“No matter how much parents can be aware of it, we don’t have the ability to deal with this on our own. We need help,” said one parent
[WASHINGTON, D.C.] – U.S. Senators Richard Blumenthal (D-CT) and Marsha Blackburn (R-TN), authors of the Kids Online Safety Act, met with parents of children who died or were harmed because of social media to discuss the urgent need for passage of the bipartisan legislation. The advocates are on Capitol Hill meeting with senators and gathering support for the bill, which will protect children online and hold Big Tech accountable. The legislation now has the support of 39 senators and hundreds of advocacy groups.

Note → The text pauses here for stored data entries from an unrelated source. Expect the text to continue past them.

-- ===== src/Bytes.antt =====
-- src/common.h: fixed-width little-endian integers in byte vectors.
-- A byte is a number below 256; `>> (8 * i)` is `/ 2 ^ (i * 8)` and `& 0xff` is `% 256`.
-- Offsets and sizes are `size_t`; a span in memory is far below 2 ^ 64 bytes, so they do not wrap.
pub mod Fixed
pub mod Compare
pub mod RoundTrip
use storage_engine.Base.{
  ℕ, zero, suc, ◌+◌, ◌*◌, ◌/◌, ◌%◌, ◌^◌, bit_or, Option, none, some, List, [], ◌∷◌, ◌++◌, length,
  get_or, set, ltb, if◌then◌else◌, Bool,
}

abbrev pub Byte : Type 0
Byte = ℕ

abbrev pub ByteString : Type 0
ByteString = List ℕ

-- `static_cast<std::byte>((value >> (i * 8)) & 0xff)`
abbrev pub byte_at : ℕ → ℕ → ℕ
byte_at value i = value / 2 ^ (i * 8) % 256

-- The loops count `left` rounds down while `i` goes up.
append_loop : (left i : ℕ) → ByteString → ℕ → ByteString
append_loop zero i out value = out
append_loop (suc left) i out value = append_loop left (i + 1) (out ++ (byte_at value i ∷ [])) value

pub append_fixed32_le : ByteString → ℕ → ByteString
append_fixed32_le out value = append_loop 4 0 out value

pub append_fixed64_le : ByteString → ℕ → ByteString
append_fixed64_le out value = append_loop 8 0 out value

write_loop : (left i : ℕ) → ByteString → ℕ → ℕ → ByteString
write_loop zero i out offset value = out
write_loop (suc left) i out offset value =
    write_loop left (i + 1) (set out (offset + i) (byte_at value i)) offset value

pub write_fixed32_le : ByteString → ℕ → ℕ → ByteString
write_fixed32_le out offset value = write_loop 4 0 out offset value

pub write_fixed64_le : ByteString → ℕ → ℕ → ByteString
write_fixed64_le out offset value = write_loop 8 0 out offset value

-- `value |= static_cast<uintN_t>(bytes[offset + i]) << (i * 8)`, for N = `width`
read_loop : (width left i : ℕ) → ByteString → ℕ → ℕ → ℕ
read_loop width zero i bytes offset value = value
read_loop width (suc left) i bytes offset value =
    read_loop width left (i + 1) bytes offset
      (bit_or value (get_or bytes (offset + i) 0 * 2 ^ (i * 8) % 2 ^ width))

-- `none` is the result `false`; else the value read and the advanced offset.
pub read_fixed32_le : ByteString → ℕ → Option (ℕ × ℕ)
read_fixed32_le bytes offset =
    if ltb (length bytes) (offset + 4)
    then none
    else some (read_loop 32 4 0 bytes offset 0, offset + 4)

pub read_fixed64_le : ByteString → ℕ → Option (ℕ × ℕ)
read_fixed64_le bytes offset =
    if ltb (length bytes) (offset + 8)
    then none
    else some (read_loop 64 8 0 bytes offset 0, offset + 8)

“You are having an effect because we now have 39 [supporters]…because you’ve had the courage and strength to come forward and tell your stories,” Blumenthal told the parents. “We’re building momentum that I think will have an effect, and it’s because advocates like you have the guts and the grace to come forward…We are in the midst of a mental health crisis. It hasn’t been created alone by social media, but social media is aggravating it and exploiting it. They know what they’re doing and they’re continuing to do it because it makes money for them…The time is now.”
“It makes a difference,” Blackburn told the parents of their advocacy. “We know that when kids are online, kids are the product and their data is being monetized and their information is being spread…and it really does rob our children of their childhood...You have opened they eyes of so many parents because they hear what you’re saying and then they are looking at what their children are doing.”
“Our kids are dying…and if this gets passed, this is the beginning of making sure what happened to me and to these people, and we are the tip of the iceberg, that we get some control over the harming of kids and the deaths of children related to social media,” said Christine McComas, who lost her daughter Grace to suicide after facing cyber-abuse and bullying. “This has been ten years for me…it was clear to me that social media was a problem back then, but now we know it is from the research that has been done, the Surgeon General’s report, the CDC…and nothing has changed significantly to protect our children...It was needed yesterday. It was needed five years ago. It was needed ten years ago. But get it done now.”
“I searched for weeks looking for how to report this. I could not find a number for Snapchat or Instagram. I could not find anything. And when I did finally find something weeks later, I reported it and they never got back to me…and in the meantime my child died,” said Erin Popolo, who lost her daughter Emily to suicide after she faced bullying at school and online. “This is the price that we are paying, and we shouldn’t have to pay this price because all these children should still be here.”
My daughter…will forever be ten-years-old,” said Tawainna Anderson, who lost her daughter to the “Blackout Challenge” on TikTok after it was suggested to her on her For You page. “Nylah was a shining star…They sent this to her at just ten years old…Next Saturday July 1st is Nylah’s twelfth birthday and she has a twin brother who will turn twelve, and she will forever be ten-years-old.”
“No matter how much parents can be aware of it, we don’t have the ability to deal with this on our own. We need help and we need social media companies to be responsible,” said Deb Schmill, whose daughter Becca was cyberbullied and died of fentanyl poisoning from drugs purchased from a dealer on Facebook.
The Kids Online Safety Act provides young people and parents with the tools, safeguards, and transparency they need to protect against online harms. The bill requires social media platforms to put the well-being of children first, ensuring an environment that is safe by default. The legislation also requires independent audits by experts and academic researchers to ensure that social media platforms are taking meaningful steps to address risks to kids.
The legislation was introduced following reporting and a series of five subcommittee hearings led by Blumenthal and Blackburn with social media companies and advocates on the repeated failures by tech giants to protect kids on their platforms and about the dangers kids face online. In July 2022, the Kids Online Safety Act passed the Commerce Committee on a unanimous, 28-0 vote.